➂メッシュ化したRhinoモデルをglTF形式でエクスポートし、ArcGIS Earthで読み込みます。
読み込まれたモデルは意図した位置や方向では表示されていないため、ArcGIS Earthのプロパティ機能等で調整(ジオリファレンス)を行います。

④Rhinoモデルの周辺に建物モデルを読み込みます。
本記事では、ArcGIS Onlineに共有されている「Tokyo Metro 3D Mesh CityMapper2_WSL1(シーンレイヤ)」のデータを追加しています。
※本データは作成時点の街の状況を反映しているため、現在の状況と異なる場合があります。必要に応じて、最新の情報をご確認ください。

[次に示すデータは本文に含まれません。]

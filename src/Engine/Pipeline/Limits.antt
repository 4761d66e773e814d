-- ===== src/Engine/Pipeline/Limits.antt =====
-- Which packets ProcessPacket drops, and the counters over a sequence of packets.
use aerocast.Prelude.{
  ℕ, suc, ◌+◌, ◌%◌, ◌^◌, ◌≤◌, ◌<◌, ◌≡◌, ◌∙◌, refl, Bool, true, false, List, [], ◌∷◌, ◌++◌, length,
  some, if◌then◌else◌, arith,
}
use aerocast.Prelude.Count.{count}
use aerocast.Float
use aerocast.Float.{Platform}
use aerocast.Geofence.Fence.{Fence}
use aerocast.Engine.Cms
use aerocast.Engine.Cms.{add_and_estimate, CountMinSketch}
use aerocast.Engine.Cms.Estimate.{estimate-reset_bounds}
use aerocast.Engine.Pipeline.{
  Engine, IngressPacket, last_position, process_packet, process_all, same_position, count_dropped,
}
use aerocast.Engine.Pipeline.Ready.{IsReady, accepts, process_packet-Processed}

-- Since the reset of the tick the sketch has counted the packets of these entities. A packet of an
-- entity that has had 50 packets or more is dropped: nothing but the sketch and the drop counter
-- changes, and no callback runs. And when fewer than 50 packets came in all, a packet to a new position is
-- taken.
pub process_packet_limit :
    {E : Type 0} (p : Platform) (fs : List Fence) (e : Engine E) (c : CountMinSketch) (ids : List ℕ)
    (pkt : IngressPacket) (now : ℕ)
    → e.cms ≡ Cms.add_all (Cms.reset c) ids
    → length ids + 1 < 2 ^ 32
    → (50 ≤ count pkt.entity_id ids
        → process_packet p e pkt now
          ≡ some (
            record e {
              cms = (add_and_estimate e.cms pkt.entity_id).0;
              packets_dropped = (e.packets_dropped + 1) % 2 ^ 64;
            },
            [],
          ))
      × (length ids < 50
          → same_position (last_position e pkt.entity_id) pkt.coord ≡ false
          → accepts p fs e pkt ≡ true)
unfolding process_packet count_dropped
process_packet_limit p fs e c ids pkt now counted small =
    (λ many. ground (arith, low, many), λ few moved. ground (arith, high, few, moved))
  where
    bounds :
        (count pkt.entity_id ids + 1 ≤ (add_and_estimate e.cms pkt.entity_id).1)
        × ((add_and_estimate e.cms pkt.entity_id).1 ≤ length ids + 1)
    bounds = rw counted (estimate-reset_bounds c ids pkt.entity_id small)

    low : count pkt.entity_id ids + 1 ≤ (add_and_estimate e.cms pkt.entity_id).1
    low = bounds.0

    high : (add_and_estimate e.cms pkt.entity_id).1 ≤ length ids + 1
    high = bounds.1

-- A packet that is taken, sent again: the repetition is dropped, whatever the limit says, and nothing
-- but the sketch and the drop counter changes. Its coordinates are numbers that equal themselves.
pub process_packet_repeated :
    {E : Type 0} (p : Platform) (fs : List Fence) (e : Engine E) (pkt : IngressPacket)
    (now later : ℕ)
    → IsReady p fs e
    → accepts p fs e pkt ≡ true
    → Float.eq pkt.coord.lat pkt.coord.lat ≡ true
    → Float.eq pkt.coord.lng pkt.coord.lng ≡ true
    → (e' : Engine E) × (effects : List E) × (process_packet p e pkt now ≡ some (e', effects))
      × (process_packet p e' pkt later
          ≡ some (
            record e' {
              cms = (add_and_estimate e'.cms pkt.entity_id).0;
              packets_dropped = (e'.packets_dropped + 1) % 2 ^ 64;
            },
            [],
          ))
unfolding process_packet count_dropped same_position
process_packet_repeated p fs e pkt now later r taken lat lng =
    let (e', effects, run, done) = process_packet-Processed p fs e pkt now r in
    (e', effects, run, ground (arith, done.positions pkt.entity_id, taken, lat, lng))

-- A worker that takes a sequence of packets never panics, the engine stays ready, and every packet is
-- counted exactly once, as routed or as dropped, modulo 2 ^ 64. No subscription and no channel changes.
pub process_all_counts :
    {E : Type 0} (p : Platform) (fs : List Fence) (e : Engine E) (pkts : List IngressPacket)
    (now : ℕ)
    → IsReady p fs e
    → (e' : Engine E) × (effects : List E) × (process_all p e pkts now ≡ some (e', effects))
      × IsReady p fs e'
      × ((e'.packets_routed + e'.packets_dropped) % 2 ^ 64
          ≡ (e.packets_routed + e.packets_dropped + length pkts) % 2 ^ 64)
      × (e'.fanout ≡ e.fanout)
unfolding process_all
process_all_counts p fs e [] now r = (e, [], refl, r, omega arith, refl)
process_all_counts p fs e (pkt ∷ pkts) now r =
    let (e1, effects1, run1, done) = process_packet-Processed p fs e pkt now r in
    let (e2, effects2, run2, r2, counts, fan) = process_all_counts p fs e1 pkts now done.ready in
    (
      e2,
      effects1 ++ effects2,
      rw (run1, run2),
      r2,
      counts
          ∙ counted_step e.packets_routed e.packets_dropped e1.packets_routed e1.packets_dropped
              (length pkts) (accepts p fs e pkt) done.routed done.dropped,
      fan ∙ done.fanout,
    )
  where
    counted_step :
        (r d r1 d1 n : ℕ) (taken : Bool)
        → r1 ≡ (if taken then (r + 1) % 2 ^ 64 else r)
        → d1 ≡ (if taken then d else (d + 1) % 2 ^ 64)
        → (r1 + d1 + n) % 2 ^ 64 ≡ (r + d + suc n) % 2 ^ 64
    counted_step r d r1 d1 n true h k = omega (arith, h, k)
    counted_step r d r1 d1 n false h k = omega (arith, h, k)

-- Since the reset of the tick the sketch of a ready engine has counted the packets of these entities. A
-- packet of an entity that has had 50 packets or more is dropped: nothing but the sketch and the drop counter
-- changes, and no callback runs. And when fewer than 50 packets came in all, a packet to a new position is
-- routed: ProcessPacket counts it as routed and keeps its position as the entity's last.
pub process_packet_limited :
    {E : Type 0} (p : Platform) (fs : List Fence) (e : Engine E) (c : CountMinSketch) (ids : List ℕ)
    (pkt : IngressPacket) (now : ℕ)
    → IsReady p fs e
    → e.cms ≡ Cms.add_all (Cms.reset c) ids
    → length ids + 1 < 2 ^ 32
    → (50 ≤ count pkt.entity_id ids
        → process_packet p e pkt now
          ≡ some (
            record e {
              cms = (add_and_estimate e.cms pkt.entity_id).0;
              packets_dropped = (e.packets_dropped + 1) % 2 ^ 64;
            },
            [],
          ))
      × (length ids < 50
          → same_position (last_position e pkt.entity_id) pkt.coord ≡ false
          → (e' : Engine E) × (effects : List E) × (process_packet p e pkt now ≡ some (e', effects))
            × (e'.packets_routed ≡ (e.packets_routed + 1) % 2 ^ 64)
            × (e'.packets_dropped ≡ e.packets_dropped)
            × (last_position e' pkt.entity_id ≡ some pkt.coord))
process_packet_limited p fs e c ids pkt now ready counted small =
    let (refuses, takes) = process_packet_limit p fs e c ids pkt now counted small in
    (
      refuses,
      λ few moved.
          let (e', effects, run, done) = process_packet-Processed p fs e pkt now ready in
          (
            e',
            effects,
            run,
            ground (arith, done.routed, takes few moved),
            ground (arith, done.dropped, takes few moved),
            ground (arith, done.positions pkt.entity_id, takes few moved),
          ),
    )
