-- ===== src/Transport/Ws.antt =====
-- pkg/transport/ws/ws.go: the connections and the counters of the server, the handler of a connection
-- and its write loop. The HTTP server, the sockets and the clock are outside; what they answer are
-- arguments.
pub mod Writer
pub mod Drain
use Prim.Native.String.{String}
use aerocast.Prelude.{
  ◌>>=◌, ℕ, ◌+◌, ◌*◌, ◌%◌, ◌^◌, Bool, true, false, List, [], ◌∷◌, ◌++◌, length, Option, none, some,
  if◌then◌else◌,
}
use aerocast.Prelude.Assoc.{insert, delete}
use aerocast.Prelude.Array.{update}
use aerocast.Prelude.Int.{ℤ, pos}
use aerocast.Fanout.Channel
use aerocast.Fanout.Channel.{Channel, ChannelManager}

pub record Config : Type 0 where
  pub listen_addr : String
  pub ping_interval : ℤ
  pub pong_timeout : ℤ
  pub max_frame_size : ℤ
  pub write_buffer_per_conn : ℤ

unfoldable pub default_config : Config
default_config = record {
  listen_addr = "127.0.0.1:9100";
  ping_interval = pos (30 * 10 ^ 9);
  pong_timeout = pos (10 * 10 ^ 9);
  max_frame_size = pos 1024;
  write_buffer_per_conn = pos 64;
}

-- A connection is its address.
pub record Server : Type 0 where
  pub cfg : Config
  pub conns : List (ℕ × ℕ)
  pub sub_id : ℕ
  pub total_conns : ℕ
  pub broadcast_bytes : ℕ

unfoldable pub new_server : Config → Server
new_server cfg = record { cfg = cfg; conns = []; sub_id = 0; total_conns = 0; broadcast_bytes = 0 }

-- What the server calls of the type Callbacks, on a state of type S; the others it never calls. A panic
-- is none. `set_channels` puts the manager back that the calls of Channels all share.
pub record Callbacks (S : Type 0) : Type 0 where
  pub on_subscribe : S → ℕ → ℕ → ℕ → ℕ → S
  pub on_disconnect : S → ℕ → Option S
  pub channels : S → ChannelManager
  pub set_channels : S → ChannelManager → S

-- What strconv.ParseFloat makes of the three parameters of the request, none for an error.
pub record Query : Type 0 where
  pub lat : Option ℕ
  pub lng : Option ℕ
  pub radius : Option ℕ

or_default : Option ℕ → ℕ → ℕ
or_default none d = d
or_default (some x) d = x

-- handleWS up to the counting of the connection: the next id goes to the connection.
unfoldable pub accept : Server → ℕ → Server × ℕ
accept s conn =
    let id : ℕ = (s.sub_id + 1) % 2 ^ 64 in
    (
      record s {
        sub_id = id;
        conns = insert conn id s.conns;
        total_conns = (s.total_conns + 1) % 2 ^ 64;
      },
      id,
    )

-- The call of OnSubscribe, with 1000000.0 for a radius that does not parse.
unfoldable pub subscribe_query : {S : Type 0} → Callbacks S → S → ℕ → Query → S
unfolding or_default
subscribe_query cb st id q =
    cb.on_subscribe st id (or_default q.lat 0) (or_default q.lng 0)
      (or_default q.radius 0x412e_8480_0000_0000)

-- readLoop: what each ReadMessage answers, a message or an error. It ends at the first error, and no
-- message has an effect; the result tells whether it has ended.
unfoldable pub read_loop : List (Option (List ℕ)) → Bool
read_loop [] = false
read_loop (none ∷ messages) = true
read_loop (some message ∷ messages) = read_loop messages

-- delete(s.conns, conn)
unfoldable pub leave : Server → ℕ → Server
leave s conn = record s { conns = delete conn s.conns }

-- handleWS once readLoop has returned; a failed upgrade is none.
finish : {S : Type 0} → Callbacks S → Server → S → ℕ → ℕ → Option (Server × S)
finish cb s st conn id = do st' ← cb.on_disconnect st id; some (leave s conn, st')

-- handleWS, with what its connection reads. When the reads have not ended, it still waits for one. The
-- write loop that it starts runs beside it.
unfoldable pub handle_ws :
    {S : Type 0}
    → Callbacks S
    → Server
    → S
    → Option ℕ
    → Query
    → List (Option (List ℕ))
    → Option (Server × S)
unfolding finish
handle_ws cb s st none q reads = some (s, st)
handle_ws cb s st (some conn) q reads =
    let (s', id) = accept s conn in
    let st' = subscribe_query cb st id q in
    if read_loop reads then finish cb s' st' conn id else some (s', st')

-- One round of writeLoop's select: the ticker fires or the channel is ready, and the write succeeds or
-- fails.
pub data Event : Type 0 where
  ping ready : Bool → Event

-- A receive from a channel: a frame, the end of a closed channel that holds none, or a wait.
pub data Receipt : Type 0 where
  frame : List ℕ → ChannelManager → Receipt
  ended waits : Receipt

frames_receipt : ChannelManager → ℕ → List (List ℕ) → Bool → Receipt
frames_receipt cm ref [] true = ended
frames_receipt cm ref [] false = waits
frames_receipt cm ref (f ∷ fs) closed =
    frame f (record cm { heap = update cm.heap ref (record { frames = fs; closed = closed }) })

unfoldable pub receive : ChannelManager → ℕ → Receipt
unfolding frames_receipt
receive cm ref = frames_receipt cm ref (cm.heap ref).frames (cm.heap ref).closed

-- s.broadcastBytes.Add(uint64(len(frame)))
count_bytes : Server → List ℕ → Server
count_bytes s f = record s { broadcast_bytes = (s.broadcast_bytes + length f) % 2 ^ 64 }

-- The rounds of writeLoop that are to come, with the frames written so far. The flag tells that the loop
-- has returned.
pub write_rounds :
    List Event
    → ℕ
    → Server
    → ChannelManager
    → List (List ℕ)
    → Server × ChannelManager × List (List ℕ) × Bool
unfolding count_bytes
write_rounds [] ref s cm out = (s, cm, out, false)
write_rounds (ping true ∷ events) ref s cm out = write_rounds events ref s cm out
write_rounds (ping false ∷ events) ref s cm out = (s, cm, out, true)
write_rounds (ready ok ∷ events) ref s cm out = elim (receive cm ref) [
  | ended ↦ (s, cm, out, true)
  | waits ↦ write_rounds events ref s cm out
  | frame f cm' ↦ elim ok [
    | false ↦ (s, cm', out, true)
    | true ↦ write_rounds events ref (count_bytes s f) cm' (out ++ (f ∷ []))
  ]
]

-- writeLoop; it returns at once when the subscriber has no channel.
unfoldable pub write_loop :
    List Event → ℕ → Server → ChannelManager → Server × ChannelManager × List (List ℕ) × Bool
unfolding write_rounds
write_loop events id s cm = elim (Channel.get cm id) [
  | none ↦ (s, cm, [], true)
  | some ref ↦ write_rounds events ref s cm []
]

ArcGIS Online では、Esri が提供する Living Atlas of the World をはじめ、各国の行政機関や研究機関、企業などが公開している地理空間データを利用できます。これらのデータはオンラインで直接参照できるため、Rhino 側で作成したモデルと組み合わせて、位置情報を持った検討をすぐに始めることが可能です。
Rhinoモデルを基準に簡易3D解析
Rhinoモデルに周辺建物を追加したため、ここからは ArcGIS Earth の「対話的解析」機能を使い、配置したモデルを対象に簡易的な3D解析を行います。
設計初期や検討段階において、空間的な関係性や地形の影響を直感的に把握することができます。
今回使用する主な解析機能は、以下の3つです。
●見通し線解析
特定の視点から対象物が視認できるかを確認し、視線の抜けや遮蔽物の影響を把握します。

●可視領域
観測点から見える範囲を面的に確認し、周辺環境との関係性を俯瞰的に把握します。

●標高グラフ
地形の高低差をグラフとして可視化し、敷地周辺の起伏や断面の傾向を確認します。

これらの機能を用いることで、Rhinoで作成した3Dモデルを地形や周辺環境と結びつけた状態で検討することができます。
まとめ
本記事では、Rhinoで作成した3Dモデルを ArcGIS Earth に読み込み、「対話的解析」機能を使って簡易的な3D解析を行いました。
見通し線解析や可視領域、標高グラフを通して、モデルと周辺環境・地形との関係を直感的に確認できます。
これらの機能は、設計初期や検討段階において、配置やスケール感を把握するための補助的な手段として有効です。Rhino × GIS では、目的やフェーズに応じて解析手法を使い分けることが重要になります。